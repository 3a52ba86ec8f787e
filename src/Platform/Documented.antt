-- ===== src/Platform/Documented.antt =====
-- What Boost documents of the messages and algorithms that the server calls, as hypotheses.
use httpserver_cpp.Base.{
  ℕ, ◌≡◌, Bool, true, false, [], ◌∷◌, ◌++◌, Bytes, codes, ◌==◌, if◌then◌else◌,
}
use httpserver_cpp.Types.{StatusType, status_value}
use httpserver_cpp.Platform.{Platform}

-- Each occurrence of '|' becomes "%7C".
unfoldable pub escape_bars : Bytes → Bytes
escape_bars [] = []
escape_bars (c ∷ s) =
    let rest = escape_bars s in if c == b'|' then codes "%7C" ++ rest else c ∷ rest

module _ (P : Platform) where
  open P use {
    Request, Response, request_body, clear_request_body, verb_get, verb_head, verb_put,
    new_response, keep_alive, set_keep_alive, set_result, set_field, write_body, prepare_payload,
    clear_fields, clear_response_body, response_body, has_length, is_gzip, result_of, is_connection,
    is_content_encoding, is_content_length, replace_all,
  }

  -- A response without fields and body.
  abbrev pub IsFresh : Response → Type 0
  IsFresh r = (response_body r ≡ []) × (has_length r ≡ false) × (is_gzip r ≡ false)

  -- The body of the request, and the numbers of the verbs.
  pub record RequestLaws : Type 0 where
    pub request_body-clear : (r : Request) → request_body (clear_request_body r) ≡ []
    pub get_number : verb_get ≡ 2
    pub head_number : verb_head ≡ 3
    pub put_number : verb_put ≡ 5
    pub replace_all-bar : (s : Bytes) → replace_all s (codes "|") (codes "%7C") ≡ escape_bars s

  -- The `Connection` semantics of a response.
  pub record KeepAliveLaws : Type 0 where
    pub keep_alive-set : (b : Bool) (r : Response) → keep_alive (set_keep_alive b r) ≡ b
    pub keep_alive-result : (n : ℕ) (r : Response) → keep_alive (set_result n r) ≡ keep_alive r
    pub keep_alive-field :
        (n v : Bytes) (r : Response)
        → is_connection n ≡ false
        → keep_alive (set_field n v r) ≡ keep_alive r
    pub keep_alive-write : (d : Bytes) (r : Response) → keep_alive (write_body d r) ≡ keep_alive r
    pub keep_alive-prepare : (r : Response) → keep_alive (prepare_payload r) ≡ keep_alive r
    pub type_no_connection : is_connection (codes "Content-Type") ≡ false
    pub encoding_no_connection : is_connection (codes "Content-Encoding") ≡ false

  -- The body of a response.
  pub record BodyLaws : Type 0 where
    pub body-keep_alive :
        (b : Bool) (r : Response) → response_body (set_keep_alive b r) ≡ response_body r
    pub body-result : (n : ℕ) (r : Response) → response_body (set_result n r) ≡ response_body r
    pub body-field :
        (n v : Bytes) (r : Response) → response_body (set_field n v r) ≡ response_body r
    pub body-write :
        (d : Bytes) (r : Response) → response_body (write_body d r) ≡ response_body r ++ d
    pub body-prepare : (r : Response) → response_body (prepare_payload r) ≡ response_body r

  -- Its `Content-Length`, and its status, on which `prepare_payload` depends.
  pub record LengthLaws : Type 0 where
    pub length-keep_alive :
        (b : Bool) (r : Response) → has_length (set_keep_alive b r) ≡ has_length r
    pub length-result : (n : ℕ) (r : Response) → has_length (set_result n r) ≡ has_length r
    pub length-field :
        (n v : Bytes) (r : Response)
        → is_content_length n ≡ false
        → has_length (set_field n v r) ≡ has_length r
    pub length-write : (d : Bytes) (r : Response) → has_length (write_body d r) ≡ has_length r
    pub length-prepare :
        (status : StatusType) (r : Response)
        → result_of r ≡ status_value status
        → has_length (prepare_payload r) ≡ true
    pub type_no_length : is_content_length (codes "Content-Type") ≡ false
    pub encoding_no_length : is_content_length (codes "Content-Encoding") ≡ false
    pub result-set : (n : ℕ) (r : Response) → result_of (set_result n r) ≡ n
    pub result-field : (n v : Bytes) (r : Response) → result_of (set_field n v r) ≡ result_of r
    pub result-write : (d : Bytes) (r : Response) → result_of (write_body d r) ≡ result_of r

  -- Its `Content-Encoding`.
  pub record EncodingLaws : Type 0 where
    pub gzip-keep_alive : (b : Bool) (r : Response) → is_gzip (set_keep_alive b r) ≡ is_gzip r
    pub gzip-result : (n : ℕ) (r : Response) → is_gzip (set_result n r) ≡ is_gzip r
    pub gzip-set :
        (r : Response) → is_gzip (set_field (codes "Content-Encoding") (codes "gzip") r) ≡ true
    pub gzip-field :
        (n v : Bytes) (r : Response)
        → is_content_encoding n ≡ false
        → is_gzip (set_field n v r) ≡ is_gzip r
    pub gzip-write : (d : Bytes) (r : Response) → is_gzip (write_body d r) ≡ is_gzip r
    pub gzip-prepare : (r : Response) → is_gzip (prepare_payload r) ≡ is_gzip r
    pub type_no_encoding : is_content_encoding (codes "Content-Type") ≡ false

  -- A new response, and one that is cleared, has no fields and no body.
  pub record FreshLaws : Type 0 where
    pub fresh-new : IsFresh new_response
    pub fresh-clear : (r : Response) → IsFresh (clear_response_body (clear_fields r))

-- -- --

(Activity):
From the entries above, copy each line holding "IsFresh".

(Answer to this problem):
  abbrev pub IsFresh : Response → Type 0
  IsFresh r = (response_body r ≡ []) × (has_length r ≡ false) × (is_gzip r ≡ false)
    pub fresh-new : IsFresh new_response
    pub fresh-clear : (r : Response) → IsFresh (clear_response_body (clear_fields r))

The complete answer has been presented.